=== Begin Enclosure ===
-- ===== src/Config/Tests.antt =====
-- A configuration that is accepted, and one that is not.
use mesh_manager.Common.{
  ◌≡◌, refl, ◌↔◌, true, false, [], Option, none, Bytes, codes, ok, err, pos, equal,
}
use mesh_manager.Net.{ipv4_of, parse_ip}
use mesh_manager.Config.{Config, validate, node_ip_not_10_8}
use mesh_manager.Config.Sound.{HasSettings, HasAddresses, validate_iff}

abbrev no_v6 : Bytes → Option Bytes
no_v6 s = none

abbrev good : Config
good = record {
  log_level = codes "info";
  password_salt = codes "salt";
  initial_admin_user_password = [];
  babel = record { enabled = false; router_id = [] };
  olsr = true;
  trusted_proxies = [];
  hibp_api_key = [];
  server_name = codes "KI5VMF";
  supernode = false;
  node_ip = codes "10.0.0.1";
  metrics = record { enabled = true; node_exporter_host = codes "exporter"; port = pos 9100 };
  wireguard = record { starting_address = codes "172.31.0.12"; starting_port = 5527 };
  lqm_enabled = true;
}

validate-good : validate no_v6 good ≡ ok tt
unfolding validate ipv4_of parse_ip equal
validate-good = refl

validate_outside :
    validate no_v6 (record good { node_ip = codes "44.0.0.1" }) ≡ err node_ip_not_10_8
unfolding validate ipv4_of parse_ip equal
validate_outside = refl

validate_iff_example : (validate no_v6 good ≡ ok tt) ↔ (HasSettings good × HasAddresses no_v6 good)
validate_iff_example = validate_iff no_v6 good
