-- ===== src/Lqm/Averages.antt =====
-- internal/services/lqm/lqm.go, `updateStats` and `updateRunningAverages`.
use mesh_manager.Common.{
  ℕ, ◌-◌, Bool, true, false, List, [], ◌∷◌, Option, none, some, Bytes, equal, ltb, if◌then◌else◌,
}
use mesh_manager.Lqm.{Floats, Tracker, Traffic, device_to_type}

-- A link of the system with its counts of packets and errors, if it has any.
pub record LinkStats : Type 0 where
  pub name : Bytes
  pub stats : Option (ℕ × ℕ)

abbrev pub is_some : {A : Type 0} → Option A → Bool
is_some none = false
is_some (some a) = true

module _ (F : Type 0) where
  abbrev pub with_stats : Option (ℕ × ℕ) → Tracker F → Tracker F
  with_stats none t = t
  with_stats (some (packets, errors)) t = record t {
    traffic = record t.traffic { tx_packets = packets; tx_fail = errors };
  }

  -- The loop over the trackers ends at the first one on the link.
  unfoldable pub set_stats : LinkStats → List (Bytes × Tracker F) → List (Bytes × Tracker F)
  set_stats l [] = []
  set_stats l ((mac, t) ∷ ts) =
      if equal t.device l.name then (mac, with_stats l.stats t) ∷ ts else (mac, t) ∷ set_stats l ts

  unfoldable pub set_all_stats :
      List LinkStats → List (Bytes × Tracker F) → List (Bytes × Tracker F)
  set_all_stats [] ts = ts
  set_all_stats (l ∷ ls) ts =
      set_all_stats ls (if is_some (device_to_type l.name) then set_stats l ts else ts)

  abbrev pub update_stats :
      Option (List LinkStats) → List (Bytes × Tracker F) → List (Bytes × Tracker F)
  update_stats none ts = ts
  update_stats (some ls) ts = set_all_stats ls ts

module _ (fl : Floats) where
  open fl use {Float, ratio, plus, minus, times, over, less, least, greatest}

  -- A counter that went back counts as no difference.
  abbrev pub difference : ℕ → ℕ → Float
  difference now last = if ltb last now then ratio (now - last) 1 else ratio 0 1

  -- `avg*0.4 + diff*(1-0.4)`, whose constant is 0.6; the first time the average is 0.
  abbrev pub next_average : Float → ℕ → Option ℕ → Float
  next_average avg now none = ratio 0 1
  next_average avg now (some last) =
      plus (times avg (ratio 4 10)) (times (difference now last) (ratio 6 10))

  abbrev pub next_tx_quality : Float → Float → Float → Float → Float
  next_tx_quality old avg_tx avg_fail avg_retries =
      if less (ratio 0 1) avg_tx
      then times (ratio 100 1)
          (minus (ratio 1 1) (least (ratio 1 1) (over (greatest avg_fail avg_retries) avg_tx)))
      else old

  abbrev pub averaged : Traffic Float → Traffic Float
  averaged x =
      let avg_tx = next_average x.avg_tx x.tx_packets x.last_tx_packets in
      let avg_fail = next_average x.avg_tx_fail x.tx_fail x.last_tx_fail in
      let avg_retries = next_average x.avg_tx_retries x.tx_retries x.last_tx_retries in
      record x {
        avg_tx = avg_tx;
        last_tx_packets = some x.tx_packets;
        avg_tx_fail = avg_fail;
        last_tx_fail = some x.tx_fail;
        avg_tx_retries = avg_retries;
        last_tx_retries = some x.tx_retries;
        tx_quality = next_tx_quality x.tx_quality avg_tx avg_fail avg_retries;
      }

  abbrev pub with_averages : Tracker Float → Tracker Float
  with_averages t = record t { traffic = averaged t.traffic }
=== End Enclosure ===
▶ YOUR INSTRUCTIONS: In the entries above, find the line with "abbrev pub next_average" and the line with "let avg_fail = next_average", then restate word for word both of them and every line between, with nothing more.

▶ ANSWER TO THE PROBLEM:
  abbrev pub next_average : Float → ℕ → Option ℕ → Float
  next_average avg now none = ratio 0 1
  next_average avg now (some last) =
      plus (times avg (ratio 4 10)) (times (difference now last) (ratio 6 10))

  abbrev pub next_tx_quality : Float → Float → Float → Float → Float
  next_tx_quality old avg_tx avg_fail avg_retries =
      if less (ratio 0 1) avg_tx
      then times (ratio 100 1)
          (minus (ratio 1 1) (least (ratio 1 1) (over (greatest avg_fail avg_retries) avg_tx)))
      else old

  abbrev pub averaged : Traffic Float → Traffic Float
  averaged x =
      let avg_tx = next_average x.avg_tx x.tx_packets x.last_tx_packets in
      let avg_fail = next_average x.avg_tx_fail x.tx_fail x.last_tx_fail in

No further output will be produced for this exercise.